The pcapng format, which Wireshark stores usbmon captures in, is a fairly complicated one, because it can include a lot of different protocol information, and it has multiple typed blocks to store things like hardware interface descriptions. But for USB captures, there’s not much use in the format: not only the Linux and Windows captures (the latter via usbpcap) are different formats altogether, but also the whole interface definition is, as far as I can tell, completely ignored. Instead, if you need a device descriptor, you need to scan the capture for a corresponding request (which usbmon-tools now does.)

I’m now considering just providing a simpler format to store captured data with usbmon-tools, either a simple 1:1 conversion from pcapng, with each packet just size-prefixed, and a tool to filter down the capture on the command line (because honestly, having to load Wireshark to cut down a capture is a pain), or a more complicated format that can store the descriptors separately, and maybe bundle/unbundle them across captures so that you can combine multiple fragments later. If I was in my bubble, I would be using protocol buffers, but that’s not particularly friendly to integrate in a Python module, as far as I can tell. Particularly if you want to be able to use the tools straight out of the git clone.

I guess that since I’m already using construct, I could instead design my own simplistic format.
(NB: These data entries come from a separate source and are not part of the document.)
-- ===== src/Mission/Config/Checkpoints.antt =====
-- config.py: the checkpoints file, read only where a waypoint refers to a checkpoint.
use patrol_drone.Prelude.{
  ◌∷◌, ◌++◌, ◌>>◌, ◌>>=◌, String, Option, Bool, Result, List, none, ok, [], or_raise, false,
  if◌then◌else◌, err, some, not, true, ◌||◌,
}
use text.Mathlib.Text.{◌==◌, starts_with}
use patrol_drone.Float.{Float}
use patrol_drone.Mission.Config.Yaml.{
  Yaml, FileError, ConfigError, value_error, mapping, str, require_mapping, Fields, missing_file,
  refuse, require, point, bad_checkpoint_id, get, file_error, bad_document, not_found, refuse_if,
  require_list, no_path, relative_path, sequence, items, duplicate_checkpoint, has,
}
use patrol_drone.Mission.Frames.{Point}

module _ ⦃fl : Float⦄ where
  -- the dict {checkpoint_id: position}, as its items
  abbrev pub Positions : Type 0
  Positions = List (String × Point)

  abbrev pub position_of : Positions → String → Option Point
  position_of [] cid = none
  position_of ((k, p) ∷ ps) cid = if cid == k then some p else position_of ps cid

  abbrev pub has_position : Positions → String → Bool
  has_position ps cid = elim (position_of ps cid) [ none ↦ false | some p ↦ true ]

  unfoldable pub checkpoint_id : Yaml → Result ConfigError String
  checkpoint_id (str s) = ok s
  checkpoint_id _ = refuse bad_checkpoint_id

  unfoldable pub checkpoint_entry : Yaml → Result ConfigError (String × Point)
  checkpoint_entry v = do
    fs ← require_mapping v
    id ← require fs "checkpoint_id"
    cid ← checkpoint_id id
    place ← require fs "position"
    p ← point place
    ok (cid, p)

  unfoldable pub checkpoint_list : Yaml → Result ConfigError (List Yaml)
  checkpoint_list (mapping fs) = do
    v ← or_raise (get "checkpoints" fs) (value_error bad_document)
    require_list v
  checkpoint_list (sequence is) = ok (items is)
  checkpoint_list _ = refuse bad_document

  -- the loop of `_checkpoints_map`, on the dict built so far
  unfoldable pub collect : Positions → List Yaml → Result ConfigError Positions
  collect ps [] = ok ps
  collect ps (v ∷ vs) = do
    (cid, p) ← checkpoint_entry v
    refuse_if (has_position ps cid) duplicate_checkpoint
    collect (ps ++ (cid, p) ∷ []) vs

  abbrev pub checkpoints_map : List Yaml → Result ConfigError Positions
  checkpoints_map raw = collect [] raw

  -- `open` and `yaml.safe_load` of a path
  module _ (read_yaml : String → Result FileError Yaml) where
    abbrev missing_or : FileError → ConfigError
    missing_or not_found = value_error missing_file
    missing_or e = file_error e

    abbrev read_checkpoints : String → Result ConfigError Yaml
    read_checkpoints path = elim (read_yaml path) [ ok v ↦ ok v | err e ↦ err (missing_or e) ]

    unfoldable pub load_checkpoints : String → Result ConfigError Positions
    load_checkpoints path = do
      raw ← read_checkpoints path
      entries ← checkpoint_list raw
      checkpoints_map entries

    abbrev pub references_checkpoint : List Fields → Bool
    references_checkpoint [] = false
    references_checkpoint (w ∷ ws) = has w "checkpoint_id" || references_checkpoint ws

    unfoldable pub resolve_checkpoints : List Fields → String → Result ConfigError Positions
    resolve_checkpoints raw_waypoints path =
        if not (references_checkpoint raw_waypoints) then ok [] else do
          refuse_if (path == "") no_path
          refuse_if (not (starts_with path "/")) relative_path
          load_checkpoints path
Or maybe I could just bite the bullet, use base64-encoded bytearrays, and write the whole capture session out in JSON.

As I said above, pcapng supports Windows and Linux captures differently: on Linux, the capture format is effectively the wire format of usbmon, while on Linux, it’s the format used by usbpcap. While I have not (yet, at the time of writing) added support to usbmon-tools to load the usbpcap captures, I don’t see why it shouldn’t work out that way. If I do manage to load usbpcap files, though, I would need a custom format to copy these to.

If anyone has a suggestion I’m open to them. One thing that I may try is to use Protocol Buffers but submit the generated source files to parse and serialize the object.